And so, have you had to rely upon a trial, an ordeal by lawyers,
rather than a trial by witnesses, because I have had to present the
testimony of Vernon Jordan in excerpt fashion, limited quotes, here
and there, as the defense counsel has done likewise.
HUTCHINSON: Now, that makes it difficult because the problem is,
one, you're hearing it from me, but secondly, it's not a story, it is
excerpts, and there's no way you can assess the truth because of that.
Now, if you look at the times that Mr. Jordan has testified
before the grand jury, March 3 of '98, March 5, May 5, May 28, and
June 9, the last time he testified was June 9, 1998. But let's look
what has happened since then.
Since Mr. Jordan last testified before the grand jury -- I
believe these charts are in front of you -- July 22 Ms. Currie
testified before the grand jury. So any of the facts we gained from
Ms. Currie was not utilized in the last examination of Vernon Jordan.

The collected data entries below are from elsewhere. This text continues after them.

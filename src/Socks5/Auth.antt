-- ===== src/Socks5/Auth.antt =====
-- socks5/auth.go, and the authenticators that `New` of socks5/socks5.go installs.
pub mod Laws
pub mod Guarded
use qtun.Base.{
  ℕ, Bool, Option, none, some, List, ◌∷◌, ◌==◌, if◌then◌else◌, get_elem?, Bytes, ℕ_key, bytes_key,
  err, Action, pure, fail, wrap, [], ◌>>=◌, ◌>>◌,
}
use qtun.Stream.{Stream, IoError, read_byte, read_full, write}
use qtun.Socks5.Wire.{
  socks5_version, no_auth, no_acceptable, user_pass_auth, user_auth_version, auth_success,
  auth_failure, AuthContext, SocksError, io, user_auth_failed, no_supported_auth,
  unsupported_auth_version, auth_methods_unread, byte_at,
}
use qtun.Base.Map.{Map, lookup, insert}

-- A `CredentialStore`
abbrev pub CredentialStore : Type 0
CredentialStore = Bytes → Bytes → Bool

-- The two implementations of the `Authenticator` interface.
pub data Authenticator : Type 0 where
  no_auth_authenticator : Authenticator
  user_pass_authenticator : CredentialStore → Authenticator

-- `GetCode`
abbrev pub get_code : Authenticator → ℕ
get_code no_auth_authenticator = no_auth
get_code (user_pass_authenticator valid) = user_pass_auth

-- `Authenticate` of `NoAuthAuthenticator`
unfoldable pub authenticate_none : Action Stream SocksError AuthContext
authenticate_none = do
  wrap io (write (socks5_version ∷ no_auth ∷ []))
  pure (record { method = no_auth; username = none })

-- `Authenticate` of `UserPassAuthenticator`, from the verdict on.
unfoldable pub answer_user_pass : Bool → Bytes → Action Stream SocksError AuthContext
answer_user_pass accepted user =
    if accepted
    then (do
      wrap io (write (user_auth_version ∷ auth_success ∷ []))
      pure (record { method = user_pass_auth; username = some user }))
    else (do wrap io (write (user_auth_version ∷ auth_failure ∷ [])); fail user_auth_failed)

-- The same, behind the check of the version.
unfoldable pub read_user_pass : CredentialStore → ℕ → Action Stream SocksError AuthContext
read_user_pass valid user_len = do
  user ← wrap io (read_full user_len)
  pass_len ← wrap io read_byte
  pass ← wrap io (read_full pass_len)
  answer_user_pass (valid user pass) user

unfoldable pub check_user_pass : CredentialStore → Bytes → Action Stream SocksError AuthContext
check_user_pass valid header = do
  version ← byte_at header 0
  if version == user_auth_version
      then (do user_len ← byte_at header 1; read_user_pass valid user_len)
      else fail (unsupported_auth_version version)

unfoldable pub authenticate_user_pass : CredentialStore → Action Stream SocksError AuthContext
authenticate_user_pass valid = do
  wrap io (write (socks5_version ∷ user_pass_auth ∷ []))
  header ← wrap io (read_full 2)
  check_user_pass valid header

unfoldable pub run_authenticator : Authenticator → Action Stream SocksError AuthContext
run_authenticator no_auth_authenticator = authenticate_none
run_authenticator (user_pass_authenticator valid) = authenticate_user_pass valid

-- `readMethods`
unfoldable pub read_methods : Action Stream IoError Bytes
read_methods = do num_methods ← read_byte; read_full num_methods

-- `noAcceptableAuth` does not look at the outcome of its write.
unfoldable pub no_acceptable_auth : Action Stream SocksError AuthContext
no_acceptable_auth s = (err no_supported_auth, (write (socks5_version ∷ no_acceptable ∷ []) s).1)

abbrev pub AuthMethods : Type 0
AuthMethods = Map ℕ Authenticator

-- The loop over the client's methods.
unfoldable pub select_method : AuthMethods → Bytes → Action Stream SocksError AuthContext
select_method auth_methods [] = no_acceptable_auth
select_method auth_methods (method ∷ methods) =
    let rest = select_method auth_methods methods in
    elim (lookup method auth_methods) [ some cator ↦ run_authenticator cator | none ↦ rest ]

-- `authenticate`
unfoldable pub authenticate : AuthMethods → Action Stream SocksError AuthContext
authenticate auth_methods = do
  methods ← wrap auth_methods_unread read_methods
  select_method auth_methods methods

-- The authentication methods of `New`: those given, or else user and password if there is a store
-- of credentials, or else none.
unfoldable pub default_methods : List Authenticator → Option CredentialStore → List Authenticator
default_methods (a ∷ as') credentials = a ∷ as'
default_methods [] (some valid) = user_pass_authenticator valid ∷ []
default_methods [] none = no_auth_authenticator ∷ []

unfoldable pub install : List Authenticator → AuthMethods → AuthMethods
install [] m = m
install (a ∷ more) m = install more (insert (get_code a) a m)

-- `server.authMethods` after `New`
unfoldable pub new_auth_methods : List Authenticator → Option CredentialStore → AuthMethods
unfolding default_methods install
new_auth_methods given credentials = install (default_methods given credentials) []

August 6 -- what happened on that date? Ms. Lewinsky testified
before the grand jury and she revealed some new facts during that time
that Mr. Jordan has never had an opportunity to explain, respond or
answer.
HUTCHINSON: And I'll go into that. One of them about disposing
of notes, the second one about drafting the affidavit. And of course
by that time, the DNA on the dress had been revealed.

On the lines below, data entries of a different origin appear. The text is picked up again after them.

-- ===== src/Socks5/Auth/Laws.antt =====
-- Which method is negotiated, and who gets through.
use qtun.Base.{
  ℕ, ◌≡◌, refl, none, some, [], ◌∷◌, ◌++◌, append-nil, append_assoc, arith, if◌then◌else◌, length,
  All, Bytes, ℕ_key, bytes_key, ok, err,
}
use qtun.Stream.{Stream, read_byte, write}
use qtun.Stream.Laws.{read_full-append}
use qtun.Socks5.Wire.{user_auth_version, user_auth_failed, no_supported_auth}
use qtun.Socks5.Auth.{
  CredentialStore, Authenticator, answer_user_pass, read_user_pass, check_user_pass,
  authenticate_user_pass, run_authenticator, read_methods, no_acceptable_auth, AuthMethods,
  select_method, authenticate,
}
use qtun.Base.Map.{lookup}

abbrev Unknown : AuthMethods → ℕ → Type 0
Unknown m method = lookup method m ≡ none

select_method-Unknown :
    (m : AuthMethods) (before after : Bytes)
    → All (Unknown m) before
    → select_method m (before ++ after) ≡ select_method m after
unfolding select_method
select_method-Unknown m [] after h = refl
select_method-Unknown m (b ∷ before) after (h, hs) =
    rw (h, select_method) (select_method-Unknown m before after hs)

read_methods-list :
    (methods rest : Bytes) (s : Stream)
    → s.input ≡ length methods ∷ (methods ++ rest)
    → read_methods s ≡ (ok methods, record s { input = rest })
unfolding read_methods read_byte
read_methods-list methods rest s e =
    ground
      (arith, read_full-append (length methods) methods rest (record s { input = methods ++ rest }))

authenticate-list :
    (m : AuthMethods) (methods rest : Bytes) (s : Stream)
    → s.input ≡ length methods ∷ (methods ++ rest)
    → authenticate m s ≡ select_method m methods (record s { input = rest })
unfolding authenticate
authenticate-list m methods rest s e = rw (read_methods-list methods rest s e) refl

-- The server takes the first of the client's methods that it knows, in the client's order, and
-- goes on with that method's authenticator at the byte behind the list.
pub authenticate-first :
    (m : AuthMethods) (before after rest : Bytes) (method : ℕ) (a : Authenticator) (s : Stream)
    → All (Unknown m) before
    → lookup method m ≡ some a
    → let methods = before ++ (method ∷ after) in
      s.input ≡ length methods ∷ (methods ++ rest)
      → authenticate m s ≡ run_authenticator a (record s { input = rest })
unfolding select_method
authenticate-first m before after rest method a s unknown known e = ground (
  arith,
  authenticate-list m (before ++ (method ∷ after)) rest s e,
  select_method-Unknown m before (method ∷ after) unknown,
)

-- If it knows none of them it answers 5, 255 and gives up; that holds also where the answer cannot
-- be written.
pub authenticate-none :
    (m : AuthMethods) (methods rest : Bytes) (s : Stream)
    → All (Unknown m) methods
    → s.input ≡ length methods ∷ (methods ++ rest)
    → authenticate m s
      ≡ (err no_supported_auth, (write (5 ∷ 255 ∷ []) (record s { input = rest })).1)
unfolding select_method no_acceptable_auth
authenticate-none m methods rest s unknown e = ground (
  arith,
  append-nil methods,
  authenticate-list m methods rest s e,
  select_method-Unknown m methods [] unknown,
)

-- What a client sends for a user and a password (RFC 1929).
abbrev pub encode_credentials : Bytes → Bytes → Bytes
encode_credentials user pass = user_auth_version ∷ length user ∷ (user ++ (length pass ∷ pass))

-- On a connection whose writes succeed the sub-negotiation answers 5, 2 and then 1, 0 or 1, 1, by
-- the verdict of the credential store on what the client sent, and only a valid pair yields a
-- context, with the user's name in it.
pub authenticate_user_pass-encode :
    (valid : CredentialStore) (user pass rest : Bytes) (s : Stream)
    → s.faults ≡ []
    → s.input ≡ encode_credentials user pass ++ rest
    → authenticate_user_pass valid s ≡ (
        if valid user pass
        then (
          ok (record { method = 2; username = some user }),
          record s { input = rest; output = s.output ++ (5 ∷ 2 ∷ []) ++ (1 ∷ 0 ∷ []) },
        )
        else (
          err user_auth_failed,
          record s { input = rest; output = s.output ++ (5 ∷ 2 ∷ []) ++ (1 ∷ 1 ∷ []) },
        ))
unfolding authenticate_user_pass check_user_pass read_user_pass answer_user_pass write read_byte
authenticate_user_pass-encode valid user pass rest s fine e =
    let s1 : Stream = record s { output = s.output ++ (5 ∷ 2 ∷ []) } in
    let tail : Bytes = length pass ∷ pass in
    ground (
      arith,
      read_full-append 2 (user_auth_version ∷ length user ∷ []) ((user ++ tail) ++ rest) s1,
      append_assoc user tail rest,
      read_full-append (length user) user (tail ++ rest)
          (record s1 { input = user ++ (tail ++ rest) }),
      read_full-append (length pass) pass rest (record s1 { input = pass ++ rest }),
    )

And the then the next thing that happened was the president's
revelation to the nation that this relationship did exist, and then he
testified before the grand jury all of the facts revealed from those
incidences were not available at the time Vernon Jordan last testified
before the grand jury.
So obviously, any lawyer would understand there are naturally
questions that would arise from each of those incidences that could be
posed to Mr. Jordan. Why has that not been done? Quite frankly, I
have talked to, as I mentioned the other day, the attorney for Mr.

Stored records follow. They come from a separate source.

-- ===== src/Socks5/Auth/Guarded.antt =====
-- Authentication against a store of credentials: who is let in.
use qtun.Base.{
  ℕ, ◌≡◌, refl, sym, ap, ◌∙◌, Bool, true, false, some, [], ◌∷◌, ◌++◌, append_assoc, arith,
  ℕ_discrete, length, Bytes, ℕ_key, bytes_key, ok, wrap, >>=-eq-ok, wrapped-eq-ok,
}
use qtun.Stream.{Stream, read_byte, read_full, write}
use qtun.Stream.Laws.{read_full-eq-ok, read_byte-eq-ok, input-write}
use qtun.Socks5.Wire.{user_auth_version, AuthContext, io, auth_methods_unread}
use qtun.Socks5.Auth.{
  CredentialStore, answer_user_pass, read_user_pass, check_user_pass, authenticate_user_pass,
  run_authenticator, read_methods, no_acceptable_auth, AuthMethods, select_method, authenticate,
  new_auth_methods,
}
use qtun.Base.Map.{lookup, insert}
use qtun.Socks5.Auth.Laws.{encode_credentials}

answer_user_pass-ok :
    (accepted : Bool) (user : Bytes) (s s' : Stream) (ctx : AuthContext)
    → answer_user_pass accepted user s ≡ (ok ctx, s')
    → (accepted ≡ true) × (ctx ≡ record { method = 2; username = some user }) × (s'.input ≡ s.input)
unfolding answer_user_pass
answer_user_pass-ok true user s s' ctx h =
    let (u, s1, wrote, done) = >>=-eq-ok (wrap io (write (1 ∷ 0 ∷ [])) s) _ h in
    let sent = wrapped-eq-ok io (write (1 ∷ 0 ∷ []) s) wrote in
    (refl, ground arith, ground (arith, sent, input-write (1 ∷ 0 ∷ []) s))
answer_user_pass-ok false user s s' ctx h =
    let (u, s1, wrote, done) = >>=-eq-ok (wrap io (write (1 ∷ 1 ∷ [])) s) _ h in
    absurd (ground arith)

-- Who got in: a user with a password that the store accepts.
abbrev pub LetIn : CredentialStore → AuthContext → Bytes → Bytes → Type 0
LetIn valid ctx user pass =
    (valid user pass ≡ true) × (ctx ≡ record { method = 2; username = some user })

-- What three reads took, put together.
joined :
    {before behind_user behind_len behind_pass after : Bytes} {n : ℕ} (user pass : Bytes)
    → before ≡ user ++ behind_user
    → behind_user ≡ n ∷ behind_len
    → behind_len ≡ pass ++ behind_pass
    → length pass ≡ n
    → after ≡ behind_pass
    → before ≡ user ++ (length pass ∷ (pass ++ after))
joined user pass in_user in_len in_pass fits quiet = cc

read_user_pass-ok :
    (valid : CredentialStore) (user_len : ℕ) (s s' : Stream) (ctx : AuthContext)
    → read_user_pass valid user_len s ≡ (ok ctx, s')
    → (user pass : Bytes) × LetIn valid ctx user pass
      × (length user ≡ user_len)
      × (s.input ≡ user ++ (length pass ∷ (pass ++ s'.input)))
unfolding read_user_pass
read_user_pass-ok valid user_len s s' ctx h =
    let (user, s1, got_user, h1) = >>=-eq-ok (wrap io (read_full user_len) s) _ h in
    let (pass_len, s2, got_len, h2) = >>=-eq-ok (wrap io read_byte s1) _ h1 in
    let (pass, s3, got_pass, h3) = >>=-eq-ok (wrap io (read_full pass_len) s2) _ h2 in
    let (accepted, named, quiet) = answer_user_pass-ok (valid user pass) user s3 s' ctx h3 in
    let (fits, in_user) =
      read_full-eq-ok user_len s (wrapped-eq-ok io (read_full user_len s) got_user) in
    let in_len = read_byte-eq-ok s1 (wrapped-eq-ok io (read_byte s1) got_len) in
    let (pass_fits, in_pass) =
      read_full-eq-ok pass_len s2 (wrapped-eq-ok io (read_full pass_len s2) got_pass) in
    (user, pass, (accepted, named), fits, joined user pass in_user in_len in_pass pass_fits quiet)

check_user_pass-ok :
    (valid : CredentialStore) (header : Bytes) (s s' : Stream) (ctx : AuthContext)
    → length header ≡ 2
    → check_user_pass valid header s ≡ (ok ctx, s')
    → (n : ℕ) × (header ≡ user_auth_version ∷ n ∷ []) × (read_user_pass valid n s ≡ (ok ctx, s'))
unfolding check_user_pass
check_user_pass-ok valid (a ∷ b ∷ []) s s' ctx two h = (b, ground arith, ground arith)
check_user_pass-ok valid [] s s' ctx two h = absurd (omega arith)
check_user_pass-ok valid (a ∷ []) s s' ctx two h = absurd (omega arith)
check_user_pass-ok valid (a ∷ b ∷ c ∷ more) s s' ctx two h = absurd (omega arith)

-- Nobody gets through the sub-negotiation without sending a pair that the store accepts, whichever
-- writes fail; the context then names that user.
pub authenticate_user_pass-valid :
    (valid : CredentialStore) (s s' : Stream) (ctx : AuthContext)
    → authenticate_user_pass valid s ≡ (ok ctx, s')
    → (user pass : Bytes) × LetIn valid ctx user pass
      × (s.input ≡ encode_credentials user pass ++ s'.input)
unfolding authenticate_user_pass
authenticate_user_pass-valid valid s s' ctx h =
    let (u, s1, wrote, h1) = >>=-eq-ok (wrap io (write (5 ∷ 2 ∷ [])) s) _ h in
    let (header, s2, got, h2) = >>=-eq-ok (wrap io (read_full 2) s1) _ h1 in
    let (two, in_header) = read_full-eq-ok 2 s1 (wrapped-eq-ok io (read_full 2 s1) got) in
    let (n, bytes, h3) = check_user_pass-ok valid header s2 s' ctx two h2 in
    let (user, pass, let_in, fits, behind) = read_user_pass-ok valid n s2 s' ctx h3 in
    let same : s1.input ≡ s.input =
      ground (arith, wrapped-eq-ok io (write (5 ∷ 2 ∷ []) s) wrote, input-write (5 ∷ 2 ∷ []) s) in
    (
      user,
      pass,
      let_in,
      sym same
          ∙ in_header
          ∙ ap (λ l. l ++ s2.input) bytes
          ∙ ap (λ t. user_auth_version ∷ n ∷ t)
              (behind ∙ sym (append_assoc user (length pass ∷ pass) s'.input))
          ∙ ap (λ m. user_auth_version ∷ m ∷ ((user ++ (length pass ∷ pass)) ++ s'.input))
              (sym fits),
    )

-- The authenticators that `New` installs for a store of credentials and no list of its own.
abbrev pub guarded : CredentialStore → AuthMethods
guarded valid = new_auth_methods [] (some valid)

select_method-guarded :
    (valid : CredentialStore) (methods : Bytes) (s s' : Stream) (ctx : AuthContext)
    → select_method (guarded valid) methods s ≡ (ok ctx, s')
    → authenticate_user_pass valid s ≡ (ok ctx, s')
unfolding select_method new_auth_methods no_acceptable_auth lookup insert run_authenticator
select_method-guarded valid [] s s' ctx h = absurd (ground arith)
select_method-guarded valid (m ∷ ms) s s' ctx h = elim (ℕ_discrete 2 m) [
  | yes two ↦ ground arith
  | no other ↦ select_method-guarded valid ms s s' ctx (ground arith)
]

-- What the client of a guarded server has sent when it is let in: its list of methods, and a pair.
abbrev pub opening : Bytes → Bytes → Bytes → Bytes
opening methods user pass = length methods ∷ (methods ++ encode_credentials user pass)

opened :
    {input behind_n behind_list pair : Bytes} {n : ℕ} (methods : Bytes)
    → input ≡ n ∷ behind_n
    → behind_n ≡ methods ++ behind_list
    → length methods ≡ n
    → behind_list ≡ pair
    → input ≡ length methods ∷ (methods ++ pair)
opened methods at_n at_list fits behind = cc

-- A server made by `New` with a store of credentials, and no authenticators of its own, lets nobody
-- past `authenticate` who has not sent, right behind the list of methods, a pair that the store
-- accepts: whatever methods are offered, and whichever writes fail. The context names that user,
-- and nothing but the list and the pair has been read.
pub authenticate-guarded :
    (valid : CredentialStore) (s s' : Stream) (ctx : AuthContext)
    → authenticate (guarded valid) s ≡ (ok ctx, s')
    → (methods user pass : Bytes) × LetIn valid ctx user pass
      × (s.input ≡ opening methods user pass ++ s'.input)
unfolding authenticate read_methods
authenticate-guarded valid s s' ctx h =
    let (methods, s2, got, h2) = >>=-eq-ok (wrap auth_methods_unread read_methods s) _ h in
    let (n, s1, got_n, got_methods) =
      >>=-eq-ok (read_byte s) _ (wrapped-eq-ok auth_methods_unread (read_methods s) got) in
    let (user, pass, let_in, behind) =
      authenticate_user_pass-valid valid s2 s' ctx
        (select_method-guarded valid methods s2 s' ctx h2) in
    let (fits, in_methods) = read_full-eq-ok n s1 got_methods in
    (
      methods,
      user,
      pass,
      let_in,
      opened methods (read_byte-eq-ok s got_n) in_methods fits behind
          ∙ ap (◌∷◌ (length methods))
              (sym (append_assoc methods (encode_credentials user pass) s'.input)),
    )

Jordan. I have not talked to Mr. Jordan personally. I think that
clearly the Senate does not want us to do that until we get past this
next hurdle.
But those are things that need to be resolved.
Now, let me address briefly about three areas of conflicts in the
testimony between Mr. Jordan and Ms. Lewinsky that points up other
areas of questioning that would be appropriate, that he should have
the opportunity to explain.
HUTCHINSON: I've been accused of being harsh on Mr. Jordan. And
I don't mean to be that. There have been certain things that have
been stated, by witnesses in this case, that ought to be explained,
that ought to be questioned to Mr. Jordan, but he might have good
answers to the questions. We need to know those answers.
The first conflict -- let me see what the next one is? And I'm
not going to get to that yet. But the first conflict is between Mr.
Jordan's testimony and Ms. Lewinsky's testimony about whether Mr.
Jordan knew the true nature of the relationship with the president.
And in Mr. Jordan's testimony of May 28, he was asked the question,
you are saying no one, to your recollection, ever suggested or alleged
a sexual relationship prior to the 18th of January, between Monica
Lewinsky and the president? The answer, that is correct.
Now, that was on May 28. Ms. Lewinsky was asked the same series
of questions, months later, in August of 1998, and she indicated --
she testified, "and I remarked that I didn't really look at him as the
president; that I saw him more as a man and reacted to him more as a
man and got angry at him like a man, and just a regular person. And
Mr. Jordan asked me what I got angry at the president about, so I told
him, when he doesn't call me enough to see me enough."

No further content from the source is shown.